What you have to do — Your response should be an exact reproduction of the data below, beginning at the line containing "subst (λ (x" and ending with the final line.

Saved entries —
::::::

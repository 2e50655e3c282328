-- ===== src/Model/Segment/Sizes.antt =====
-- src/model/segment.c: the records that vicarl_segment_decode gives, and their sizes.
use vicarl.Prelude.{
  ℕ, zero, suc, ◌-◌, ◌≤◌, ◌^◌, ◌≡◌, refl, ap, ◌∙◌, List, [], ◌∷◌, ◌++◌, false, not, ◌&&◌, ◌||◌, All,
  length, get_elem?, some, leb, ◌<◌, ltb, ◌==◌, arith,
}
use vicarl.Core.Types.{
  Result, ok, err, format, oom, Slice, view, slice_bytes, is_null, reject_if, bind-ok,
}
use vicarl.Core.Alloc.{Allocator, malloc_grants, calloc_grants}
use vicarl.Core.Reader.{Rbuf, rbuf_init, rbuf_remaining, rbuf_get_ldbytes}
use vicarl.Core.Reader.Safe.{get_ldbytes-Taken, rbuf_init-inside}
use vicarl.Core.Reader.Sizes.{Taken-ok, length-get_ldbytes, rbuf_init-contents}
use vicarl.Model.Framing.{get_signature}
use vicarl.Model.Segment.{
  Segment, slice_size, segment_size, segment_get_record, read_header, get_records, read_body,
  segment_decode,
}
use vicarl.Model.Segment.Robust.{read_header-Taken}
use mathlib.Core.Path.{subst}

-- The records of a segment.
abbrev pub records_in : Allocator → List ℕ → List Slice
records_in grants seg = elim (segment_decode grants (view seg)) [ err e ↦ [] | ok s ↦ s.records ]

pub get_record-at :
    (s : Segment) (index : ℕ) (r : Slice)
    → get_elem? s.records index ≡ some r
    → index < length s.records
    → segment_get_record s index ≡ ok r
unfolding segment_get_record
get_record-at s index r e inside =
    let there : leb (length s.records) index ≡ false = ground arith in
    rw (there, e, segment_get_record) refl

-- The records of all segments.
abbrev pub contents : Allocator → List (List ℕ) → List Slice
contents grants [] = []
contents grants (seg ∷ rest) = records_in grants seg ++ contents grants rest

-- A record that is there and not longer than `n`.
abbrev pub IsWithin : ℕ → Slice → Type 0
IsWithin n s = (is_null s ≡ false) × (length (slice_bytes s) ≤ n)

fst : {A : Type 0} → A → Result (A × Rbuf) → A
fst d (ok x) = x.0
fst d (err e) = d

get_records-IsWithin :
    (n left : ℕ) (r r' : Rbuf) (recs : List Slice)
    → length r.contents ≡ n
    → r.pos ≤ length r.contents
    → get_records left r ≡ ok (recs, r')
    → All (IsWithin n) recs
unfolding get_records fst
get_records-IsWithin n zero r r' recs len i e =
    let same : [] ≡ recs = ap (fst []) e in subst (All (IsWithin n)) same tt
get_records-IsWithin n (suc left) r r' recs len i e =
    let ((rec, r1), e1, h1) = bind-ok (rbuf_get_ldbytes r) _ (recs, r') e in
    let ((rest, r2), e2, h2) = bind-ok (get_records left r1) _ (recs, r') h1 in
    let b = Taken-ok r r1 rec _ (get_ldbytes-Taken r i) e1 in
    let same : view rec ∷ rest ≡ recs = ap (fst []) h2 in
    let here = length-get_ldbytes r r1 rec i e1 in
    subst (All (IsWithin n)) same (
      (refl, omega (arith, here, len)),
      get_records-IsWithin n left r1 r2 rest (ap length b.contents_ok ∙ len) b.inside e2,
    )

pub segment_decode-IsWithin :
    (grants : Allocator) (bytes : List ℕ) (s : Segment)
    → segment_decode grants (view bytes) ≡ ok s
    → All (IsWithin (length bytes)) s.records
unfolding segment_decode read_body fst
segment_decode-IsWithin grants bytes s e =
    let (t1, e1, h1) = bind-ok (reject_if (ltb (length bytes) 5 || false) format) _ s e in
    let (t2, e2, h2) = bind-ok (reject_if (not (malloc_grants grants (length bytes))) oom) _ s h1 in
    let ((head, r), e3, h3) = bind-ok (read_header (rbuf_init bytes)) _ s h2 in
    let (t4, e4, h4) = bind-ok (reject_if (ltb (2 ^ 64 - 1) head.1.record_count) format) _ s h3 in
    let (t5, e5, h5) =
      bind-ok
        (reject_if
          (ltb 0 head.1.record_count && not (calloc_grants grants head.1.record_count slice_size))
          oom)
        _ s h4 in
    let ((seg, r'), e6, h6) = bind-ok (read_body bytes head.0 head.1 r) _ s h5 in
    let (t7, e7, h7) = bind-ok (reject_if (not (rbuf_remaining r' == 0)) format) _ s h6 in
    let (t8, e8, h8) = bind-ok (reject_if (not (calloc_grants grants 1 segment_size)) oom) _ s h7 in
    let ((recs, r0), f1, g1) = bind-ok (get_records head.1.record_count r) _ (seg, r') e6 in
    let ((sig, r1), f2, g2) = bind-ok (get_signature head.0 r0) _ (seg, r') g1 in
    let b =
      Taken-ok (rbuf_init bytes) r head _
        (read_header-Taken (rbuf_init bytes) (rbuf_init-inside bytes)) e3 in
    let all =
      get_records-IsWithin (length bytes) head.1.record_count r r0 recs
        (ap length (b.contents_ok ∙ rbuf_init-contents bytes)) b.inside f1 in
    let made : record { owned = bytes; hdr = head.1; records = recs; sig = sig } ≡ seg =
      ap (fst seg) g2 in
    let same : seg ≡ s = ap (unwrap seg) h8 in
    subst (λ (x : Segment). All (IsWithin (length bytes)) x.records) (made ∙ same) all
  where
    unwrap : Segment → Result Segment → Segment
    unwrap d (ok x) = x
    unwrap d (err e) = d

::::::

Result below —
    subst (λ (x : Segment). All (IsWithin (length bytes)) x.records) (made ∙ same) all
  where
    unwrap : Segment → Result Segment → Segment
    unwrap d (ok x) = x
    unwrap d (err e) = d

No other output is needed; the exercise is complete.